Integer的值无效

时间:2016-03-12 14:38:51

标签: ruby

此代码:

my_name = 'Alessandro Tegagni'
my_age = '31'
my_height = '170 '#cm
my_weight = '82 '#kg
my_eyes = 'Brown'
my_teeth = 'White'
my_hair = 'Brown'

puts "let is talk about %s." % my_name
puts "he is %d cm tall." % my_height
puts "he is %d kg heavy." % my_weight
puts "actually that is not too heavy."
puts "he is got %s eyes and %s hair." % [my_eyes,my_hair]
puts "his teeth are usually %s depending on the coffee or tea" % my_teeth

puts "if I add %d, %d, and %d I get %d." % [my_age,my_height,my_weight,my_age+my_height+my_weight]

引发错误:

:17:in `%': invalid value for Integer(): "31170 82 " (ArgumentError)

错误是什么?

4 个答案:

答案 0 :(得分:2)

问题在于您将变量定义为字符串。在字符串上使用+连接它们,这就是您在31170 82中看到的内容。要解决此问题,请将整数值分配给变量,而不是字符串:

my_name = 'Alessandro Tegagni'
my_age = 31
my_height = 170 #cm
my_weight = 82 #kg
my_eyes = 'Brown'
my_teeth = 'White'
my_hair = 'Brown'

这足以让您的代码正常运行。

答案 1 :(得分:0)

my_age = 31
my_height = 170 #cm
my_weight = 82 #kg

https://ideone.com/KYWgJK

只需在你的int周围删除'',一切正常。

答案 2 :(得分:0)

排队:

puts "if I add %d, %d, and %d I get %d." % [my_age,my_height,my_weight,my_age+my_height+my_weight]

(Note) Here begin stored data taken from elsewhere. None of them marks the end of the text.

-- ===== src/Cdc/Shift.antt =====
-- Where a chunk ends depends on the bytes from its start on, and on nothing before them.
use delta_sync_engine.Prelude.{
  ℕ, zero, suc, ◌+◌, ◌-◌, ◌≤◌, min, ◌≡◌, refl, ap, ◌∙◌, inl, inr, List, [], ◌∷◌, ◌++◌, map, arith,
  ltb, if◌then◌else◌, Bool-cases, length, get_or, drop, length-drop, length-append, drop-append,
}
use delta_sync_engine.Cdc.Tiling.{next_cut-IsCut}
use delta_sync_engine.Cdc.{
  CdcOptions, mask_bits, next_fp, skip_loop, cut_loop, next_cut, cdc_loop, cdc_chunk_ends,
}

get_or-drop : (xs : List ℕ) (n i j d : ℕ) → j ≡ n + i → get_or (drop n xs) i d ≡ get_or xs j d
get_or-drop xs zero i j d e = let same : j ≡ i = omega arith in rw same
get_or-drop [] (suc n) i j d e = refl
get_or-drop (x ∷ xs) (suc n) i zero d e = absurd (omega arith)
get_or-drop (x ∷ xs) (suc n) i (suc j) d e = get_or-drop xs n i j d (omega arith)

skip_loop-drop :
    (bytes : List ℕ) (n rounds i j fp : ℕ)
    → j ≡ n + i
    → skip_loop (drop n bytes) rounds i fp ≡ skip_loop bytes rounds j fp
unfolding skip_loop
skip_loop-drop bytes n zero i j fp e = refl
skip_loop-drop bytes n (suc rounds) i j fp e =
    rw (get_or-drop bytes n i j 0 e)
      (skip_loop-drop bytes n rounds (i + 1) (j + 1) (next_fp fp (get_or bytes j 0)) (omega arith))

cut_loop-drop :
    (bytes : List ℕ) (mask hard_max hard_max' n rounds i j fp : ℕ)
    → hard_max ≡ n + hard_max'
    → j ≡ n + i
    → cut_loop bytes mask hard_max rounds j fp
      ≡ n + cut_loop (drop n bytes) mask hard_max' rounds i fp
unfolding cut_loop
cut_loop-drop bytes mask hard_max hard_max' n zero i j fp h e = h
cut_loop-drop bytes mask hard_max hard_max' n (suc rounds) i j fp h e =
    let fp' = next_fp fp (get_or bytes j 0) in
    rw (get_or-drop bytes n i j 0 e) (
      ground (
        arith,
        cut_loop-drop bytes mask hard_max hard_max' n rounds (i + 1) (j + 1) fp' h (omega arith),
      ))

next_cut-drop :
    (bytes : List ℕ) (opts : CdcOptions) (n m k : ℕ)
    → k ≡ n + m
    → n ≤ length bytes
    → next_cut bytes opts k ≡ n + next_cut (drop n bytes) opts m
unfolding next_cut
next_cut-drop bytes opts n m k e h =
    let len = length bytes in
    let len' : ℕ = len - n in
    let hard_max = min (k + opts.max_size) len in
    let hard_max' = min (m + opts.max_size) len' in
    let min_end = min (k + opts.min_size) len in
    let min_end' = min (m + opts.min_size) len' in
    let mask = mask_bits opts.avg_size in
    let fp = skip_loop bytes (min_end - k) k 0x811c9dc5 in
    let rounds : hard_max' - min_end' ≡ hard_max - min_end = omega arith in
    let skips : min_end' - m ≡ min_end - k = omega arith in
    rw (length-drop n bytes, rounds, skips, skip_loop-drop bytes n (min_end - k) m k 0x811c9dc5 e)
      (ground (
        arith,
        cut_loop-drop bytes mask hard_max hard_max' n (hard_max - min_end) min_end' min_end fp
            (omega arith) (omega arith),
      ))

cdc_loop-drop :
    (fuel : ℕ) (bytes : List ℕ) (opts : CdcOptions) (n m k : ℕ)
    → k ≡ n + m
    → n ≤ length bytes
    → cdc_loop fuel bytes opts k ≡ map (λ e. n + e) (cdc_loop fuel (drop n bytes) opts m)
unfolding cdc_loop
cdc_loop-drop zero bytes opts n m k e h = refl
cdc_loop-drop (suc fuel) bytes opts n m k e h =
    let cut' = next_cut (drop n bytes) opts m in
    let step = next_cut-drop bytes opts n m k e h in
    let same : ltb m (length (drop n bytes)) ≡ ltb k (length bytes) =
      ground (arith, length-drop n bytes) in
    elim (Bool-cases (ltb k (length bytes))) [
      | inl more ↦
          rw
            (
              same,
              more,
              ← cdc_loop-drop fuel bytes opts n cut' (next_cut bytes opts k) step h,
              step,
            )
            refl
      | inr done ↦ rw (same, done)
    ]

cdc_loop_fuel :
    (fuel fuel' : ℕ) (bytes : List ℕ) (opts : CdcOptions) (n : ℕ)
    → length bytes ≤ n + fuel
    → length bytes ≤ n + fuel'
    → cdc_loop fuel bytes opts n ≡ cdc_loop fuel' bytes opts n
unfolding cdc_loop
cdc_loop_fuel zero zero bytes opts n h h' = refl
cdc_loop_fuel zero (suc fuel') bytes opts n h h' = ground arith
cdc_loop_fuel (suc fuel) zero bytes opts n h h' = ground arith
cdc_loop_fuel (suc fuel) (suc fuel') bytes opts n h h' = elim (Bool-cases (ltb n (length bytes))) [
  | inl more ↦
      let cut = next_cut-IsCut bytes opts n (ground arith) in
      ap (λ l. if ltb n (length bytes) then next_cut bytes opts n ∷ l else [])
        (cdc_loop_fuel fuel fuel' bytes opts (next_cut bytes opts n) (omega (arith, cut.ahead))
          (omega (arith, cut.ahead)))
  | inr done ↦ rw done
]

-- What the loop lists behind an end `c` is what it lists when it starts at `c`.
cdc_loop-behind :
    (fuel : ℕ) (bytes : List ℕ) (opts : CdcOptions) (n c : ℕ) (us vs : List ℕ)
    → length bytes ≤ n + fuel
    → cdc_loop fuel bytes opts n ≡ us ++ c ∷ vs
    → vs ≡ cdc_loop (length bytes) bytes opts c
unfolding cdc_loop
cdc_loop-behind zero bytes opts n c [] vs h e = absurd (cc)
cdc_loop-behind zero bytes opts n c (u ∷ us) vs h e = absurd (cc)
cdc_loop-behind (suc fuel) bytes opts n c us vs h e = elim (Bool-cases (ltb n (length bytes))) [
  | inl more ↦
      let next = next_cut bytes opts n in
      let rest = cdc_loop fuel bytes opts next in
      let e' : next ∷ rest ≡ us ++ c ∷ vs = rw more at e in
      let ahead = (next_cut-IsCut bytes opts n (ground arith)).ahead in
      split us e' (λ us' q. cdc_loop-behind fuel bytes opts next c us' vs (omega (arith, ahead)) q)
        (cdc_loop_fuel (length bytes) fuel bytes opts next (omega arith) (omega (arith, ahead)))
  | inr done ↦ let e' : [] ≡ us ++ c ∷ vs = rw done at e in absurd (nothing us e')
]
  where
    split :
        {next : ℕ} {rest : List ℕ} (us : List ℕ)
        → next ∷ rest ≡ us ++ c ∷ vs
        → ((us' : List ℕ) → rest ≡ us' ++ c ∷ vs → vs ≡ cdc_loop (length bytes) bytes opts c)
        → cdc_loop (length bytes) bytes opts next ≡ rest
        → vs ≡ cdc_loop (length bytes) bytes opts c
    split [] q deeper here = cc
    split (u ∷ us') q deeper here = deeper us' (cc)

    nothing : (us : List ℕ) → [] ≡ us ++ c ∷ vs → ⊥
    nothing [] q = cc
    nothing (u ∷ us') q = cc

-- If the chunking of `before ++ after` has a cut at the end of `before`, then its later cuts are
-- exactly the cuts of `after` alone, moved by the length of `before`.
pub cdc_chunk_ends-behind_cut :
    (opts : CdcOptions) (before after us vs : List ℕ)
    → cdc_chunk_ends (before ++ after) opts ≡ us ++ length before ∷ vs
    → vs ≡ map (λ e. length before + e) (cdc_chunk_ends after opts)
unfolding cdc_chunk_ends
cdc_chunk_ends-behind_cut opts before after us vs e =
    let bytes = before ++ after in
    let n = length before in
    let enough : length after ≤ 0 + length bytes = omega (arith, length-append before after) in
    cdc_loop-behind (length bytes) bytes opts 0 n us vs (omega arith) e
    ∙ cdc_loop-drop (length bytes) bytes opts n 0 n (omega arith)
        (omega (arith, length-append before after))
    ∙ ap (λ l. map (λ e. n + e) l)
        (rw (drop-append before after n refl)
          (cdc_loop_fuel (length bytes) (length after) after opts 0 enough (omega arith)))
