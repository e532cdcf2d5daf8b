-- ===== src/Cli.antt =====
-- The command line client.
pub mod Sync
pub mod Journal
pub mod Uploads
pub mod Delta
pub mod Push
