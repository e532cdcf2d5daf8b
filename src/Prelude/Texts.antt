-- ===== src/Prelude/Texts.antt =====
-- A text is the list of its character codes; equality of texts as a Boolean test.
use delta_sync_engine.Prelude.Tests.{◌==◌, Bool-cases, if◌then◌else◌}
use Prim.Native.Nat.{ℕ}
use Prim.Native.Char.{code}
use Prim.Native.String.{String}
use mathlib.Core.Path.{◌≡◌, refl, ap, ◌∙◌}
use mathlib.Core.Bool.{Bool, true, false, ◌&&◌, ◌||◌}
use mathlib.Core.Logic.{inl, inr}
use mathlib.Core.List.{List, [], ◌∷◌, ◌++◌}
use native.Mathlib.Omega.{arith}

abbrev pub Text : Type 0
Text = List ℕ

abbrev pub codes : String → Text
codes String.[] = []
codes (String.◌∷◌ c s) = code c ∷ codes s

unfoldable pub text_eq : Text → Text → Bool
text_eq [] [] = true
text_eq [] (y ∷ ys) = false
text_eq (x ∷ xs) [] = false
text_eq (x ∷ xs) (y ∷ ys) = x == y && text_eq xs ys

pub text_eq-eq : (s t : Text) → text_eq s t ≡ true → s ≡ t
unfolding text_eq
text_eq-eq [] [] h = refl
text_eq-eq [] (y ∷ ys) h = cc
text_eq-eq (x ∷ xs) [] h = cc
text_eq-eq (x ∷ xs) (y ∷ ys) h = ground (arith, text_eq-eq xs ys)

pub text_eq_refl : (s : Text) → text_eq s s ≡ true
unfolding text_eq
text_eq_refl [] = refl
text_eq_refl (x ∷ xs) = ground (arith, text_eq_refl xs)

-- `list.includes(t)`, `set.has(t)`
unfoldable pub text_mem : Text → List Text → Bool
unfolding text_eq
text_mem t [] = false
text_mem t (s ∷ ss) = text_eq t s || text_mem t ss

-- `t.startsWith(p)`
unfoldable pub starts_with : Text → Text → Bool
starts_with t [] = true
starts_with [] (p ∷ ps) = false
starts_with (c ∷ t) (p ∷ ps) = c == p && starts_with t ps

-- `t.includes(p)`
unfoldable pub includes : Text → Text → Bool
unfolding starts_with
includes [] p = starts_with [] p
includes (c ∷ t) p = starts_with (c ∷ t) p || includes t p

pub text_mem-append :
    (t : Text) (xs ys : List Text) → text_mem t (xs ++ ys) ≡ (text_mem t xs || text_mem t ys)
unfolding text_mem
text_mem-append t [] ys = refl
text_mem-append t (x ∷ xs) ys = ground (arith, text_mem-append t xs ys)

pub text_eq-sym : (s t : Text) → text_eq s t ≡ text_eq t s
unfolding text_eq
text_eq-sym [] [] = refl
text_eq-sym [] (y ∷ t) = refl
text_eq-sym (x ∷ s) [] = refl
text_eq-sym (x ∷ s) (y ∷ t) = ground (arith, text_eq-sym s t)

-- No text stands in the list twice.
abbrev pub Distinct : List Text → Type 0
Distinct [] = Unit {0}
Distinct (x ∷ xs) = (text_mem x xs ≡ false) × Distinct xs

pub Distinct-append_one :
    (xs : List Text) (t : Text) → Distinct xs → text_mem t xs ≡ false → Distinct (xs ++ t ∷ [])
unfolding text_mem
Distinct-append_one [] t d new = (refl, tt)
Distinct-append_one (x ∷ xs) t (fresh, d) new = (
  text_mem-append x xs (t ∷ []) ∙ ground (arith, text_eq-sym t x),
  Distinct-append_one xs t d (ground arith),
)

-- `set.add(t)` on a set that is listed in the order of insertion.
unfoldable pub text_add : Text → List Text → List Text
unfolding text_mem
text_add t ts = if text_mem t ts then ts else ts ++ t ∷ []

pub text_mem-text_add :
    (t s : Text) (ts : List Text) → text_mem t (text_add s ts) ≡ (text_eq t s || text_mem t ts)
unfolding text_add text_mem
text_mem-text_add t s ts = elim (Bool-cases (text_mem s ts)) [
  | inl there ↦ elim (Bool-cases (text_eq t s)) [
    | inl same ↦ rw (there, same) (ap (λ x. text_mem x ts) (text_eq-eq t s same) ∙ there)
    | inr other ↦ rw (there, other)
  ]
  | inr fresh ↦ rw fresh (text_mem-append t ts (s ∷ []) ∙ ground arith)
]

pub text_add-Distinct : (t : Text) (ts : List Text) → Distinct ts → Distinct (text_add t ts)
unfolding text_add
text_add-Distinct t ts d = elim (Bool-cases (text_mem t ts)) [
  | inl there ↦ rw there d
  | inr fresh ↦ rw fresh (Distinct-append_one ts t d fresh)
]

-- `new Set([...set, ...texts])`
unfoldable pub text_add_all : List Text → List Text → List Text
unfolding text_add
text_add_all seen [] = seen
text_add_all seen (t ∷ ts) = text_add_all (text_add t seen) ts

pub text_mem-text_add_all :
    (t : Text) (seen ts : List Text)
    → text_mem t (text_add_all seen ts) ≡ (text_mem t seen || text_mem t ts)
unfolding text_add_all text_mem
text_mem-text_add_all t seen [] = ground arith
text_mem-text_add_all t seen (s ∷ ts) =
    text_mem-text_add_all t (text_add s seen) ts ∙ ground (arith, text_mem-text_add t s seen)

pub text_add_all-Distinct : (seen ts : List Text) → Distinct seen → Distinct (text_add_all seen ts)
unfolding text_add_all
text_add_all-Distinct seen [] d = d
text_add_all-Distinct seen (t ∷ ts) d =
    text_add_all-Distinct (text_add t seen) ts (text_add-Distinct t seen d)
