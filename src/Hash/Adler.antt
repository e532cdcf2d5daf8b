-- ===== src/Hash/Adler.antt =====
-- Adler-32, computed over a block and rolled by one byte (src/lib/rsync/adler32.ts, shared/hash.ts).
pub mod Rolling
pub mod Packing
use Prim.Native.Nat.{bit_and, bit_or}
use delta_sync_engine.Prelude.{ℕ, ◌+◌, ◌-◌, ◌*◌, ◌%◌, ◌^◌, ◌<◌, List, [], ◌∷◌, length}

abbrev pub mod_adler : ℕ
mod_adler = 65521

pub record Adler32State : Type 0 where
  pub a : ℕ
  pub b : ℕ
  pub block_size : ℕ

-- `for (let i = start; i < end; i++)`, over the bytes of that window.
unfoldable pub adler32_loop : List ℕ → ℕ → ℕ → ℕ × ℕ
adler32_loop [] a b = (a, b)
adler32_loop (x ∷ xs) a b =
    let a' = (a + x) % mod_adler in let b' = (b + a') % mod_adler in adler32_loop xs a' b'

-- The argument is the window that `start` and `end` cut out of the bytes.
unfoldable pub adler32 : List ℕ → Adler32State
unfolding adler32_loop
adler32 bytes =
    let (a, b) = adler32_loop bytes 1 0 in record { a = a; b = b; block_size = length bytes }

-- The sums of `b` are written with what is added first, since `-` stops at 0.
unfoldable pub roll_adler32 : Adler32State → ℕ → ℕ → Adler32State
roll_adler32 state out_byte in_byte =
    let a = (state.a + in_byte + mod_adler - out_byte) % mod_adler in
    let b =
      (state.b + a + mod_adler * (state.block_size + 1) - state.block_size * out_byte - 1)
      % mod_adler in
    record { a = a; b = b; block_size = state.block_size }

-- `((b << 16) | a) >>> 0`
unfoldable pub adler32_hash : Adler32State → ℕ
adler32_hash state = bit_or (state.b * 65536 % 2 ^ 32) state.a

unfoldable pub weak16 : ℕ → ℕ
weak16 hash = bit_and hash 0xffff

-- shared/hash.ts has the loop and the packing in one function.
unfoldable pub adler32_value : List ℕ → ℕ
unfolding adler32_loop
adler32_value bytes = let (a, b) = adler32_loop bytes 1 0 in bit_or (b * 65536 % 2 ^ 32) a

abbrev pub IsByte : ℕ → Type 0
IsByte b = b < 256
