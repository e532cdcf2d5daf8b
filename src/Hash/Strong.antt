-- ===== src/Hash/Strong.antt =====
-- The strong hash: SHA-256 as lower-case hexadecimal text (src/lib/rsync/strong-hash.ts, shared/hash.ts).
use delta_sync_engine.Prelude.{
  ℕ, ◌+◌, ◌-◌, ◌/◌, ◌%◌, ◌≡◌, refl, List, [], ◌∷◌, ◌++◌, arith, ltb, if◌then◌else◌, take,
}
use delta_sync_engine.Prelude.Texts.{Text, starts_with, codes}

-- The digit of a number below 16.
unfoldable pub hex_digit : ℕ → ℕ
hex_digit d = if ltb d 10 then b'0' + d else b'a' + (d - 10)

-- `b.toString(16).padStart(2, "0")` of a byte.
unfoldable pub hex_byte : ℕ → Text
unfolding hex_digit
hex_byte b =
    if ltb b 16 then b'0' ∷ hex_digit b ∷ [] else hex_digit (b / 16) ∷ hex_digit (b % 16) ∷ []

unfoldable pub buf_to_hex : List ℕ → Text
unfolding hex_byte
buf_to_hex [] = []
buf_to_hex (b ∷ buf) = hex_byte b ++ buf_to_hex buf

-- `digest` is `crypto.subtle.digest("SHA-256", …)`.
unfoldable pub sha256 : (List ℕ → List ℕ) → List ℕ → Text
sha256 digest bytes = buf_to_hex (digest bytes)

-- `temp-` keys are left alone; any other hash is stored below its first two characters.
unfoldable pub get_s3_key : Text → Text
unfolding starts_with
get_s3_key hash = if starts_with hash (codes "temp-") then hash else take 2 hash ++ (b'/' ∷ hash)

-- The hexadecimal text determines the bytes.
pub buf_to_hex-injective : (u v : List ℕ) → buf_to_hex u ≡ buf_to_hex v → u ≡ v
unfolding buf_to_hex
buf_to_hex-injective [] [] h = refl
buf_to_hex-injective [] (y ∷ v) h = absurd (ground arith)
buf_to_hex-injective (x ∷ u) [] h = absurd (ground arith)
buf_to_hex-injective (x ∷ u) (y ∷ v) h = ground (arith, buf_to_hex-injective u v)

pub sha256-injective :
    (digest : List ℕ → List ℕ) (u v : List ℕ)
    → (digest u ≡ digest v → u ≡ v)
    → sha256 digest u ≡ sha256 digest v
    → u ≡ v
unfolding sha256
sha256-injective digest u v h e = h (buf_to_hex-injective (digest u) (digest v) e)
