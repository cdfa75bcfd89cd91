-- ===== src/Bot/Updates/Serial/Kept.antt =====
-- services/bot/internal/bot/dispatch.go: what a step of a worker leaves as it was.
use mathlib.Core.Path.{subst}
use mathlib.Core.List.{append-nil}
use price_scount.Base.{
  ℕ, ◌≤◌, ◌≡◌, refl, sym, ap, ◌∙◌, false, List, [], ◌++◌, ◌==◌, length, arith, Bool-cases, inl, inr,
}
use price_scount.Bot.Updates.{Update, queue_capacity, System, queue_index, work_at, work}
use price_scount.Bot.Updates.Serial.{
  of_chat, held, busy, pending_updates, waiting, InOrder, Free, IsSerial, of_chat-append, serves,
}
use price_scount.Bot.Updates.Serial.Worked.{Moves, work_at-Moved}

-- What a step adds to the updates of a chat that were handled.
logged :
    (chat : ℕ) (new : List Update) (s s' : System)
    → s'.handled ≡ s.handled ++ new
    → of_chat chat s.handled ++ of_chat chat new ≡ of_chat chat s'.handled
logged chat new s s' e = sym (ap (λ t. of_chat chat t) e ∙ of_chat-append chat s.handled new)

-- The worker of the chat itself.
own-InOrder :
    (new : List Update) (s s' : System) (chat : ℕ)
    → Moves (queue_index chat) new s s'
    → InOrder chat s
    → InOrder chat s'
own-InOrder new s s' chat (arrived, pending, handled, line, _, _, _) order =
    let q = queue_index chat in
    let split : of_chat chat (held (s.workers q)) ++ of_chat chat (s.queues q)
        ≡ of_chat chat new ++ (of_chat chat (held (s'.workers q)) ++ of_chat chat (s'.queues q)) =
      sym (of_chat-append chat (held (s.workers q)) (s.queues q))
      ∙ ap (λ t. of_chat chat t) line
      ∙ of_chat-append chat new (held (s'.workers q) ++ s'.queues q)
      ∙ ap (λ t. of_chat chat new ++ t) (of_chat-append chat (held (s'.workers q)) (s'.queues q)) in
    ap (λ t. of_chat chat t) arrived
    ∙ order
    ∙ serves (of_chat chat s.handled) (of_chat chat new) (of_chat chat (held (s.workers q)))
        (of_chat chat (s.queues q)) (of_chat chat (held (s'.workers q)))
        (of_chat chat (s'.queues q)) (of_chat chat (pending_updates s.pending)) split
    ∙ ap
        (λ t.
          t
          ++ (of_chat chat (held (s'.workers q))
              ++ (of_chat chat (s'.queues q) ++ of_chat chat (pending_updates s.pending))))
        (logged chat new s s' handled)
    ∙ ap
        (λ t.
          of_chat chat s'.handled
          ++ (of_chat chat (held (s'.workers q))
              ++ (of_chat chat (s'.queues q) ++ of_chat chat (pending_updates t))))
        (sym pending)

-- Another worker.
other-InOrder :
    (i : ℕ) (new : List Update) (s s' : System) (chat : ℕ)
    → Moves i new s s'
    → InOrder chat s
    → (queue_index chat == i) ≡ false
    → of_chat chat new ≡ []
    → InOrder chat s'
other-InOrder i new s s' chat (arrived, pending, handled, _, _, _, others) order d none_new =
    let q = queue_index chat in
    let (workers, queues) = others q d in
    let waits : waiting chat s ≡ waiting chat s' =
      ap
        (λ t.
          of_chat chat (held t)
          ++ (of_chat chat (s.queues q) ++ of_chat chat (pending_updates s.pending)))
        (sym workers)
      ∙ ap
          (λ t.
            of_chat chat (held (s'.workers q))
            ++ (of_chat chat t ++ of_chat chat (pending_updates s.pending)))
          (sym queues)
      ∙ ap
          (λ t.
            of_chat chat (held (s'.workers q))
            ++ (of_chat chat (s'.queues q) ++ of_chat chat (pending_updates t)))
          (sym pending) in
    ap (λ t. of_chat chat t) arrived
    ∙ order
    ∙ ap (λ t. of_chat chat s.handled ++ t) waits
    ∙ ap (λ t. t ++ waiting chat s')
        (sym (append-nil (of_chat chat s.handled))
          ∙ ap (λ t. of_chat chat s.handled ++ t) (sym none_new)
          ∙ logged chat new s s' handled)

Moves-InOrder :
    (i : ℕ) (new : List Update) (s s' : System) (chat : ℕ)
    → Moves i new s s'
    → IsSerial s
    → InOrder chat s'
Moves-InOrder i new s s' chat m (order, places, _, _) = elim (Bool-cases (queue_index chat == i)) [
  | inl e ↦
      let same : i ≡ queue_index chat = ground (arith, e) in
      own-InOrder new s s' chat (subst (λ j. Moves j new s s') same m) (order chat)
  | inr d ↦
      let (_, _, _, _, frees, _, _) = m in
      other-InOrder i new s s' chat m (order chat) d
        (frees chat (places chat i (ground (arith, d)))).1
]

Moves-Free :
    (i : ℕ) (new : List Update) (s s' : System) (chat j : ℕ)
    → Moves i new s s'
    → Free chat j s
    → Free chat j s'
Moves-Free i new s s' chat j (_, _, _, _, frees, _, others) free = elim (Bool-cases (j == i)) [
  | inl e ↦
      let same : i ≡ j = ground (arith, e) in
      subst (λ k. Free chat k s') same (frees chat (subst (λ k. Free chat k s) (sym same) free)).0
  | inr d ↦
      let (workers, queues) = others j d in
      (ap (λ t. of_chat chat (busy t)) workers ∙ free.0, ap (λ t. of_chat chat t) queues ∙ free.1)
]

Moves-bound :
    (i : ℕ) (new : List Update) (s s' : System) (j : ℕ)
    → Moves i new s s'
    → length (s.queues j) ≤ queue_capacity
    → length (s'.queues j) ≤ queue_capacity
Moves-bound i new s s' j (_, _, _, _, _, shorter, others) h = elim (Bool-cases (j == i)) [
  | inl e ↦
      let same : i ≡ j = ground (arith, e) in
      let shorter' : length (s'.queues j) ≤ length (s.queues j) =
        subst (λ k. length (s'.queues k) ≤ length (s.queues k)) same shorter in
      omega (arith, shorter', h)
  | inr d ↦ subst (λ t. length t ≤ queue_capacity) (sym (others j d).1) h
]

Moves-IsSerial :
    (i : ℕ) (new : List Update) (s s' : System) → Moves i new s s' → IsSerial s → IsSerial s'
Moves-IsSerial i new s s' m h = (
  λ chat. Moves-InOrder i new s s' chat m h,
  λ chat j d. Moves-Free i new s s' chat j m (h.1 chat j d),
  λ u chat e. h.2 u chat (sym m.1 ∙ e),
  λ j. Moves-bound i new s s' j m (h.3 j),
)

pub work-IsSerial : (i : ℕ) (s : System) → IsSerial s → IsSerial (work i s)
work-IsSerial i s h =
    let (new, m) = work_at-Moved i (s.workers i) s refl in
    let step : work i s ≡ work_at i (s.workers i) s = unfold work in refl in
    subst IsSerial (sym step) (Moves-IsSerial i new s (work_at i (s.workers i) s) m h)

字符串中的每个%d表示法都试图通过对其应用Integer()来解释传递给它的参数。这适用于前三个参数,可以解释为整数(my_agemy_heightmy_weight)。但是使用第四个参数my_age + my_height + my_weight,值为"31170 82 ",不能解释为整数。这就是提出的错误。

答案 3 :(得分:0)

错误只是告诉您您要转换的不是整数格式内的整数。

  

:17:in'%':Integer()的值无效:“ 31170 82”(ArgumentError)

在这种情况下,删除空格将生成一个有效的整数。